Dive Brief:
- USAA is teaming up with Sodexo to offer a curbside meal service to nearly 35,000 employees across the country, the company announced March 31. With the food delivery service, employees can place daily weekday orders for same-day curbside pick-up of prepared meals and grocery food items, such as produce. The pre-made meals are offered at half-price, while the grocery items are sold at cost.
- Melinda Castaneda, a director in USAA's bank contact center, voiced concern for coworkers unable to obtain essential food items during the COVID-19 pandemic and came up with an idea for a food support program, a USAA spokesperson told HR Dive in an email April 1. As a result, USAA and Sodexo are offering a new curbside meal service, in a time of social distancing, to support nearly 35,000 employees across the country.
- The curbside pick-up service is available to USAA employees working remotely, and those who remain at the company's offices. However, USAA said nearly 100% of its workforce is working from home. After a pilot program at company headquarters in San Antonio, the service was expanded to regional campuses in Plano, Texas; Tampa, Florida; Phoenix, Arizona; and Colorado Springs, Colorado. USAA is also providing up to three weeks of emergency pay for COVID-19 related illness, childcare issues or situations where employees are unable to work from home, the company said in a statement.
Dive Insight:
Employee engagement and retention increase when employers show employees that they care, according to research — and the COVID-19 pandemic has put employers under the spotlight.

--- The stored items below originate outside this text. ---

-- ===== src/SecondFactor/Quiet.antt =====
-- cmd/keymasterd/2fa_*.go: of the shared steps, only the raised session sends a cookie.
use keymaster.Prelude.{ℕ, String, Memᴰ, ◌≡◌, ◌⊎◌, inl, inr, some, Option-cases}
use keymaster.Result.{ok, Result-cases}
use keymaster.Http.{Request, Cookie, set_cookie, status_internal_server_error}
use keymaster.State.{Env, RuntimeState}
use keymaster.Handler.{M, World, ◌>>=◌}
use keymaster.Handler.Quiet.{Quiet, quiet_after, quiet_rules}
use keymaster.Jwt.{update_auth_jwt_with_new_auth_level}
use keymaster.Respond.{auth_cookie_name, auth_cookie, find_cookie, update_auth_cookie_authlevel}
use keymaster.Respond.Quiet.{Quiet-failure, Quiet-parse_form, Quiet-get_form}
use keymaster.SecondFactor.{get_or_post, parse_form_or, otp_of_form, raise_level, send_onwards}

module _ (env : Env) (r : Request) where
  pub Quiet-get_or_post : Quiet (get_or_post env r)
  Quiet-get_or_post = search (quiet_rules, Quiet-failure)

  pub Quiet-parse_form_or : (code : ℕ) → Quiet (parse_form_or env r code)
  Quiet-parse_form_or code = search (quiet_rules, Quiet-failure, Quiet-parse_form)

  pub Quiet-otp_of_form : Quiet (otp_of_form env r)
  unfolding otp_of_form
  Quiet-otp_of_form = search (quiet_rules, Quiet-failure, Quiet-get_form) depth 8

  pub Quiet-send_onwards :
      (publish : M (Unit {0})) → Quiet publish → Quiet (send_onwards env r publish)
  unfolding send_onwards
  Quiet-send_onwards publish q = search (quiet_rules, Quiet-get_form) depth 8

  -- The cookie of the raised session: the token of the request's own one, updated to the level.
  abbrev pub Raised : RuntimeState → (auth_level : ℕ) → Cookie → Type 0
  Raised state auth_level c =
      (old : String) × (value : String) × (find_cookie auth_cookie_name r.cookies ≡ some old)
      × (update_auth_jwt_with_new_auth_level env state old auth_level ≡ ok value)
      × (c ≡ auth_cookie value 0)

  raise_level-Raised :
      (auth_level : ℕ) (message : String) (c : Cookie) (w : World)
      → Memᴰ (set_cookie c) (raise_level env r auth_level message w).1.sent
      → Memᴰ (set_cookie c) w.sent ⊎ Raised w.state auth_level c
  unfolding raise_level update_auth_cookie_authlevel
  raise_level-Raised auth_level message c w k =
      elim (Option-cases (find_cookie auth_cookie_name r.cookies)) [
        | inl absent ↦
            inl ((Quiet-failure env r status_internal_server_error message).at c w (rw absent at k))
        | inr (old, found) ↦
            elim (Result-cases (update_auth_jwt_with_new_auth_level env w.state old auth_level)) [
              | inl (e, failed) ↦ inl (
                  (Quiet-failure env r status_internal_server_error message).at c w
                    (rw (found, failed) at k))
              | inr (value, updated) ↦ elim (rw (found, updated) at k) [
                | Memᴰ.head same ↦ inr (old, value, found, updated, cc)
                | Memᴰ.tail before ↦ inl before
              ]
            ]
      ]

  -- The same, quiet steps following it.
  pub raise_then-Raised :
      {B : Type 0} (auth_level : ℕ) (message : String) (f : String → M B)
      → ((old : String) → Quiet (f old))
      → (c : Cookie) (w : World)
      → Memᴰ (set_cookie c) ((raise_level env r auth_level message >>= f) w).1.sent
      → Memᴰ (set_cookie c) w.sent ⊎ Raised w.state auth_level c
  raise_then-Raised auth_level message f q c w k =
      raise_level-Raised auth_level message c w
        (quiet_after (raise_level env r auth_level message) f q c w k)
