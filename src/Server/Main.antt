-- ===== src/Server/Main.antt =====
-- go/src/package-index/main.go, and ListenAndServe with its settings of
-- go/src/package-index/server/server.go: how the process starts, and how it ends.
--
-- An `int` is its bit pattern. What flag.Parse makes of the default settings and whether net.Listen
-- succeeds are arguments.
pub mod Exits
use package_index.Base.{
  ℕ, Bool, true, false, Option, none, some, Bytes, ◌^◌, ◌*◌, ◌≡◌, leb, if◌then◌else◌,
}
use package_index.Base.Int64.{int64_bound}
use package_index.Base.Text.{codes}
use package_index.Index.Api.{IndexApi}
use package_index.Server.Accept.{Server, Step, new_server}

-- The settings of `type Server`, with durations in nanoseconds.
pub record Config : Type 0 where
  pub addr : Bytes
  pub max_conns : ℕ
  pub max_message_size : ℕ
  pub conn_read_timeout : ℕ
  pub conn_write_timeout : ℕ
  pub accept_delay : ℕ
  pub conn_read_delay : ℕ

abbrev second : ℕ
second = 1000000000

abbrev pub default_config : Config
default_config = record {
  addr = codes ":8080";
  max_conns = 300;
  max_message_size = 2048;
  conn_read_timeout = 30 * second;
  conn_write_timeout = 5 * second;
  accept_delay = second;
  conn_read_delay = second;
}

-- The process: the loop of `Serve` over a channel with some room, or its exit status.
pub data Process {ℓ} (S : Type ℓ) : Type ℓ where
  running : ℕ → Server S → Process S
  exited : ℕ → Process S

-- The status of a panic, and of a command line that flag.Parse refuses.
abbrev pub exit_refused : ℕ
exit_refused = 2

-- `os.Exit(1)`, behind an error that ListenAndServe returns.
abbrev pub exit_error : ℕ
exit_error = 1

abbrev pub is_negative : ℕ → Bool
is_negative n = leb int64_bound n

module _ {ℓ} {S : Type ℓ} where
  -- `Serve` up to its loop: no channel has a negative size, and bufio takes a negative size for its
  -- least.
  unfoldable pub begin_serving : Config → S → Process S
  begin_serving c store =
      if is_negative c.max_conns
      then exited exit_refused
      else running c.max_conns
          (new_server (if is_negative c.max_message_size then 0 else c.max_message_size) store)

  unfoldable pub listen_and_serve : Config → Bool → S → Process S
  listen_and_serve c listens store = if listens then begin_serving c store else exited exit_error

  -- What follows flag.Parse.
  abbrev pub with_settings : Option Config → Bool → S → Process S
  with_settings none listens new_index = exited exit_refused
  with_settings (some c) listens new_index = listen_and_serve c listens new_index

  unfoldable pub main : (Config → Option Config) → Bool → S → Process S
  main parse listens new_index = with_settings (parse default_config) listens new_index

  -- The loop and its goroutines take a step; `Serve` returns its error, and the process ends with it;
  -- a goroutine's panic ends the process.
  pub data ProcessStep (api : IndexApi S) : Process S → Process S → Type ℓ where
    serves :
        {max : ℕ} {s t : Server S}
        → Step api max s t
        → ProcessStep api (running max s) (running max t)
    returns :
        {max : ℕ} {s : Server S}
        → s.accepting ≡ false
        → ProcessStep api (running max s) (exited exit_error)
    crashes :
        {max : ℕ} {s : Server S}
        → s.crashed ≡ true
        → ProcessStep api (running max s) (exited exit_refused)

  pub data ProcessSteps (api : IndexApi S) (p : Process S) : Process S → Type ℓ where
    at_start : ProcessSteps api p p
    goes_on : {q r : Process S} → ProcessSteps api p q → ProcessStep api q r → ProcessSteps api p r
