-- ===== src/Server/Main/Exits.antt =====
-- What becomes of the process.
use package_index.Base.{Bool, true, false, Option, some, ◌≡◌, refl, subst, sym}
use package_index.Index.Api.{IndexApi}
use package_index.Server.Accept.{start}
use package_index.Server.Accept.Limits.{IsLimited, Step-IsLimited, new_server-IsLimited}
use package_index.Server.Main.{
  Config, default_config, Process, running, exited, exit_error, is_negative, begin_serving,
  listen_and_serve, with_settings, main, ProcessStep, serves, returns, crashes, ProcessSteps,
  at_start, goes_on,
}

-- The process runs within the settings, or has ended with the status of an error.
abbrev pub IsSound {ℓ} : {S : Type ℓ} → Config → Process S → Type 0
IsSound c (running max s) = (max ≡ c.max_conns) × IsLimited max s
IsSound c (exited n) = n ≡ exit_error

module _ {ℓ} {S : Type ℓ} (api : IndexApi S) (c : Config) where
  begin_serving-IsSound :
      (store : S) → is_negative c.max_conns ≡ false → IsSound c (begin_serving c store)
  unfolding begin_serving
  begin_serving-IsSound store h =
      rw h (refl, new_server-IsLimited api c.max_conns _ store _ (start _))

  ProcessStep-IsSound : (p q : Process S) → ProcessStep api p q → IsSound c p → IsSound c q
  ProcessStep-IsSound _ _ (serves {max} {s} {t} step) (e, v) =
      (e, Step-IsLimited api max s t step v)
  ProcessStep-IsSound _ _ (returns h) v = refl
  ProcessStep-IsSound _ _ (crashes h) (e, v) = cc (v.alive, h)

  ProcessSteps-IsSound : (p q : Process S) → ProcessSteps api p q → IsSound c p → IsSound c q
  ProcessSteps-IsSound p _ at_start v = v
  ProcessSteps-IsSound p _ (goes_on {q} {r} before step) v =
      ProcessStep-IsSound q r step (ProcessSteps-IsSound p q before v)

  -- With settings that do not ask for a negative number of connections, whether or not the server can
  -- listen, and whatever the accepting loop and the goroutines do, in any order, the process either
  -- runs, with at most `max_conns` goroutines, none of which has panicked, or has ended with the status
  -- of an error that ListenAndServe has returned.
  pub main-IsSound :
      (parse : Config → Option Config) (listens : Bool) (store : S) (p : Process S)
      → parse default_config ≡ some c
      → is_negative c.max_conns ≡ false
      → ProcessSteps api (main parse listens store) p
      → IsSound c p
  unfolding main listen_and_serve
  main-IsSound parse listens store p e h steps = ProcessSteps-IsSound _ p steps (
      subst (λ (x : Option Config). IsSound c (with_settings x listens store)) (sym e)
        (begins listens))
    where
      begins : (b : Bool) → IsSound c (listen_and_serve c b store)
      begins true = begin_serving-IsSound store h
      begins false = refl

"The Science of Care," a Limeade Institute white paper published in October, defined "care" as providing what's necessary for someone's "health, welfare, maintenance and protection." Limeade said that 60% of workers surveyed who felt cared said they plan to stay three or more years with their companies, in comparison to only 7% of those who said they don't feel cared for.
"Care is about those day-to-day human interactions," Limeade's CPO and Chief Science Officer Laura Hamill said in a statement. "It's about being flexible and understanding when an employee needs to leave work early to pick up a sick child or fostering positive manager-employee interactions over a cup of coffee."
But sometimes employers may think they are doing a good job meeting the needs of employees when they're not. A report by Peppercomm and Echo Research released March 6 included a survey of 101 HR leaders, which determined a perception gap regarding how companies react to employee feedback. About 85% of HR leaders in the U.S. surveyed said their companies are effective at collecting employee feedback, and 75% said they're effective at acting on it. However, only 46% of U.S. employees said their organizations collect employee input well. And even fewer (37%) said their organizations are effective at taking action based on the input.